When I use "|" as a delimiter, my program seems to take each character
as a new token, instead of tokenizing at the bar. When I use ":" as the
delimiter, I get what I expect when reading "delim.txt".
Am I doing something incorrectly?
"delim.txt":
100:|first:|second:|third
200:|alpha:|beta:|gamma
300:|roy:|gee:|biv
Here is the program:
package scantext;
import java.io.File;
import java.io.FileNotFoundException;
import java.util.Scanner;
public class TheClass {
private static void readFile(String filename, String delim) {
try {
File file = new File(filename);
Scanner scanner = new Scanner(file);
scanner.useDelimiter(System.getProperty("line.separator"));
while (scanner.hasNext()) {
System.out.println();
String theNext = scanner.next();
System.out.println(theNext);
parseline(theNext, delim);
}
scanner.close();
} catch (FileNotFoundException e) {
e.printStackTrace();
}
}
public static void parseline(String line, String delim) {
Scanner lineScanner = new Scanner(line);
lineScanner.useDelimiter(delim);
System.out.println("delimiter is >" + lineScanner.delimiter() + "<");
int a = lineScanner.nextInt();
String b = lineScanner.next();
String c = lineScanner.next();
String d = lineScanner.next();
System.out.println(
"a = " + a +
", b= " + b +
", c = " + c +
", d = " + d);
}
public static void main(String[] args) {
readFile("delim.txt", "|");
System.out.println();
readFile("delim.txt", ":");
}
}
The output is:
100:|first:|second:|third
delimiter is >|<
a = 1, b= 0, c = 0, d = :
200:|alpha:|beta:|gamma
delimiter is >|<
a = 2, b= 0, c = 0, d = :
300:|roy:|gee:|biv
delimiter is >|<
a = 3, b= 0, c = 0, d = :
100:|first:|second:|third
delimiter is >:<
a = 100, b= |first, c = |second, d = |third
200:|alpha:|beta:|gamma
delimiter is >:<
a = 200, b= |alpha, c = |beta, d = |gamma
300:|roy:|gee:|biv
delimiter is >:<
a = 300, b= |roy, c = |gee, d = |biv
cumin - 26 Jan 2007 17:13 GMT
> When I use "|" as a delimiter, my program seems to take each character
> as a new token, instead of tokenizing at the bar. When I use ":" as the
[quoted text clipped - 79 lines]
> delimiter is >:<
> a = 300, b= |roy, c = |gee, d = |biv
never mind...
Alex Hunsley - 28 Jan 2007 17:24 GMT
>>When I use "|" as a delimiter, my program seems to take each character
>>as a new token, instead of tokenizing at the bar. When I use ":" as the
>>delimiter, I get what I expect when reading "delim.txt".
>>
>>Am I doing something incorrectly?
[snip]
>>a = 300, b= |roy, c = |gee, d = |biv
>
> never mind...
Glad you got it sorted. It's often useful in these circumstances (where
you work out the problem yourself) to say what the problem was - it's
helpful to others (educational) - and shows you're interested in
contributing, rather than just getting a question answered.
lex
Andreas Leitgeb - 26 Jan 2007 17:18 GMT
> When I use "|" as a delimiter, my program seems to take each character
> as a new token, instead of tokenizing at the bar. When I use ":" as the
> delimiter, I get what I expect when reading "delim.txt".

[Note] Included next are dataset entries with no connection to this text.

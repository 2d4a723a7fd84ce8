-- ===== src/Miner/Candidate/Laws.antt =====
-- miner/multiminer.go, `getLatestBase`: when the loop ends, and what it returns.
use sophon_miner.Miner.{MiningBase, TipSet}
use sophon_miner.Miner.Candidate.{
  Turn, candidate, chosen, is_stable, latest_base, read_head, wait_turn,
}
use sophon_miner.Prelude.{
  Bool, List, Option, Option-cases, [], arith, inl, inr, none, some, true, ◌∷◌, ◌≡◌,
}
use sophon_miner.Prelude.Int.{int_beq_iff}

module _ (same : TipSet → TipSet → Bool) (same_refl : (t : TipSet) → same t t ≡ true) where
  candidate_again :
      (cell : Option MiningBase) (head : TipSet)
      → candidate same (some (candidate same cell head)) head ≡ candidate same cell head
  unfolding candidate
  candidate_again none head = ground (arith, same_refl head)
  candidate_again (some b) head = ground (arith, same_refl head)

  is_stable_refl : (b : MiningBase) → is_stable (some b) b ≡ true
  unfolding is_stable
  is_stable_refl b =
      ground (
        arith,
        int_beq_iff b.tipset.height b.tipset.height,
        int_beq_iff b.null_rounds b.null_rounds,
      )

  -- Once the head is the same in two successive turns, and the first waited and found its beacon
  -- entry, the loop ends with the base on that head, whatever went before.
  pub latest_base-stable :
      (first second : Turn) (rest : List Turn) (cell base : Option MiningBase) (head : TipSet)
      → first.head ≡ some head
      → second.head ≡ some head
      → first.waited ≡ true
      → first.beacon ≡ true
      → latest_base same (first ∷ second ∷ rest) cell base
        ≡ (chosen (candidate same cell head), some (candidate same cell head))
  unfolding latest_base read_head wait_turn
  latest_base-stable first second rest cell base head h1 h2 w b =
      let c = candidate same cell head in
      ground (arith, is_stable_refl c, candidate_again cell head)

  -- A base that is returned is the shared cell.
  pub latest_base-cell :
      (turns : List Turn) (cell base : Option MiningBase) (b : MiningBase)
      → (latest_base same turns cell base).0 ≡ chosen b
      → (latest_base same turns cell base).1 ≡ some b
  unfolding latest_base read_head wait_turn
  latest_base-cell [] cell base b h = ground arith
  latest_base-cell (turn ∷ turns) cell base b h = elim (Option-cases turn.head) [
    | inl e ↦ ground arith
    | inr (head, e) ↦
        let c = candidate same cell head in
        let on = latest_base-cell turns (some c) (some c) b in
        let off = latest_base-cell turns (some c) base b in ground arith
  ]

The String you pass as delimiter is actually a Pattern.
"|" as a (regex-)Pattern means "empty or empty", so any
string matches, so every position in your input matches
the delimiter-pattern, so each char is a token on its own.
Use "\\|" to specify a pattern that actually matches only
the literal pipe-char. (you need two backslashes, because
parsing java-string literals "eats" one of them away.)